*Instructions to follow:*
Reproduce the listing below exactly, from its first line down to and including the line with "unfoldable pub config_get".

*Material for this task:*
-- ===== src/Firmware/Main.antt =====
-- `main` of firmware-update/co-firmware-update.py.
use canopen_tools.Prelude.{
  ℕ, zero, suc, Bool, true, false, ◌&&◌, ◌||◌, Option, none, some, List, [], ◌∷◌, if◌then◌else◌,
}
use canopen_tools.Outcome.{Result, ok, raise, attribute_error, is_exception}
use canopen_tools.Firmware.Device.{
  returned, raised, get_size, Env, M, pure, attempt, ◌>>=◌, ◌>>◌, perform,
}
use canopen_tools.Firmware.Flash.{flash_firmware}
pub mod Exits

-- What `main` takes of a configuration: the values of its two keys.
pub record Config : Type 0 where
  pub interface : Option (List ℕ)
  pub baudrate : Option ℕ

-- A configuration, or another value of YAML, which has no `get`.
pub data Loaded : Type 0 where
  mapping : Config → Loaded
  no_mapping : Loaded

-- What `parse_args` returns.
pub record Args : Type 0 where
  pub interface : Option (List ℕ)
  pub baudrate : Option ℕ
  pub yes : Bool

-- The command line, the configuration file and the answer at the prompt: whether PyYAML and the file
-- are there, what opening and parsing it gives (`none` for a value that counts as false), whether the
-- firmware's path is a file, and whether the answer, stripped and in lower case, is "y", or what `input`
-- raised. A text is a list of characters.
pub record Settings : Type 0 where
  pub args : Args
  pub has_yaml : Bool
  pub config_is_file : Bool
  pub parsed : Result (Option Loaded)
  pub is_file : Bool
  pub says_yes : Result Bool

abbrev pub empty_config : Loaded
empty_config = mapping (record { interface = none; baudrate = none })

-- `yaml.safe_load(f) or {}`, and `except Exception`
unfoldable pub read_config : Result (Option Loaded) → Result Loaded
read_config (ok none) = ok empty_config
read_config (ok (some c)) = ok c
read_config (raise e) = if is_exception e then ok empty_config else raise e

unfoldable pub load_config : Settings → Result Loaded
unfolding read_config
load_config set =
    if set.has_yaml && set.config_is_file then read_config set.parsed else ok empty_config

-- `config.get(...)`
unfoldable pub config_get : {A : Type 0} → (Config → A) → Loaded → Result A
config_get key (mapping c) = ok (key c)
config_get key no_mapping = raise attribute_error

-- `a or b` on texts: None and the empty text are false, and only then is `b` computed.
abbrev pub text_or : Option (List ℕ) → Result (Option (List ℕ)) → Result (Option (List ℕ))
text_or (some (c ∷ t)) b = ok (some (c ∷ t))
text_or _ b = b

-- `a or b` on numbers: None and 0 are false.
abbrev pub number_or : Option ℕ → Result (Option ℕ) → Result (Option ℕ)
number_or (some (suc n)) b = ok (some (suc n))
number_or _ b = b

-- The question is asked only without `--yes`.
unfoldable pub agreed : Bool → Result Bool → Result Bool
agreed given says_yes = if given then ok true else says_yes

-- `sys.exit(n)`, or the end of `main`.
pub data Ending : Type 0 where
  sys_exit : ℕ → Ending
  finished : Ending

-- An outcome that no call of the device has a part in.
abbrev pub lift : {A : Type 0} → Result A → M A
lift (ok a) l = (returned a, l)
lift (raise e) l = (raised e, l)

module _ (env : Env) where
  -- `except Exception: … sys.exit(1)`
  abbrev pub ending_of : Option (Unit {0}) → Ending
  ending_of (some u) = finished
  ending_of none = sys_exit 1

  -- The update, unless the user declines.
  unfoldable pub proceed : Bool → ℕ → List ℕ → M Ending
  unfolding flash_firmware
  proceed true fuel content = do
    done ← attempt (flash_firmware env fuel content)
    pure (ending_of done)
  proceed false fuel content = pure (sys_exit 0)

  -- The file must be there; its size is printed before the question.
  unfoldable pub check_file : Bool → Settings → ℕ → List ℕ → M Ending
  unfolding proceed agreed
  check_file true set fuel content = do
    perform env get_size
    go_on ← lift (agreed set.args.yes set.says_yes)
    proceed go_on fuel content
  check_file false set fuel content = pure (sys_exit 1)

  unfoldable pub check_baudrate : Option ℕ → Settings → ℕ → List ℕ → M Ending
  unfolding check_file
  check_baudrate (some (suc n)) set fuel content = check_file set.is_file set fuel content
  check_baudrate _ set fuel content = pure (sys_exit 1)

  unfoldable pub check_interface : Option (List ℕ) → Option ℕ → Settings → ℕ → List ℕ → M Ending
  unfolding check_baudrate
  check_interface (some (c ∷ t)) baudrate set fuel content =
      check_baudrate baudrate set fuel content
  check_interface _ baudrate set fuel content = pure (sys_exit 1)

  unfoldable pub main : Settings → ℕ → List ℕ → M Ending
  unfolding check_interface load_config config_get
  main set fuel content = do
    config ← lift (load_config set)
    interface ← lift (text_or set.args.interface (config_get (λ c. c.interface) config))
    baudrate ← lift (number_or set.args.baudrate (config_get (λ c. c.baudrate) config))
    check_interface interface baudrate set fuel content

*Solution below:*
-- ===== src/Firmware/Main.antt =====
-- `main` of firmware-update/co-firmware-update.py.
use canopen_tools.Prelude.{
  ℕ, zero, suc, Bool, true, false, ◌&&◌, ◌||◌, Option, none, some, List, [], ◌∷◌, if◌then◌else◌,
}
use canopen_tools.Outcome.{Result, ok, raise, attribute_error, is_exception}
use canopen_tools.Firmware.Device.{
  returned, raised, get_size, Env, M, pure, attempt, ◌>>=◌, ◌>>◌, perform,
}
use canopen_tools.Firmware.Flash.{flash_firmware}
pub mod Exits

-- What `main` takes of a configuration: the values of its two keys.
pub record Config : Type 0 where
  pub interface : Option (List ℕ)
  pub baudrate : Option ℕ

-- A configuration, or another value of YAML, which has no `get`.
pub data Loaded : Type 0 where
  mapping : Config → Loaded
  no_mapping : Loaded

-- What `parse_args` returns.
pub record Args : Type 0 where
  pub interface : Option (List ℕ)
  pub baudrate : Option ℕ
  pub yes : Bool

-- The command line, the configuration file and the answer at the prompt: whether PyYAML and the file
-- are there, what opening and parsing it gives (`none` for a value that counts as false), whether the
-- firmware's path is a file, and whether the answer, stripped and in lower case, is "y", or what `input`
-- raised. A text is a list of characters.
pub record Settings : Type 0 where
  pub args : Args
  pub has_yaml : Bool
  pub config_is_file : Bool
  pub parsed : Result (Option Loaded)
  pub is_file : Bool
  pub says_yes : Result Bool

abbrev pub empty_config : Loaded
empty_config = mapping (record { interface = none; baudrate = none })

-- `yaml.safe_load(f) or {}`, and `except Exception`
unfoldable pub read_config : Result (Option Loaded) → Result Loaded
read_config (ok none) = ok empty_config
read_config (ok (some c)) = ok c
read_config (raise e) = if is_exception e then ok empty_config else raise e

unfoldable pub load_config : Settings → Result Loaded
unfolding read_config
load_config set =
    if set.has_yaml && set.config_is_file then read_config set.parsed else ok empty_config

-- `config.get(...)`
unfoldable pub config_get : {A : Type 0} → (Config → A) → Loaded → Result A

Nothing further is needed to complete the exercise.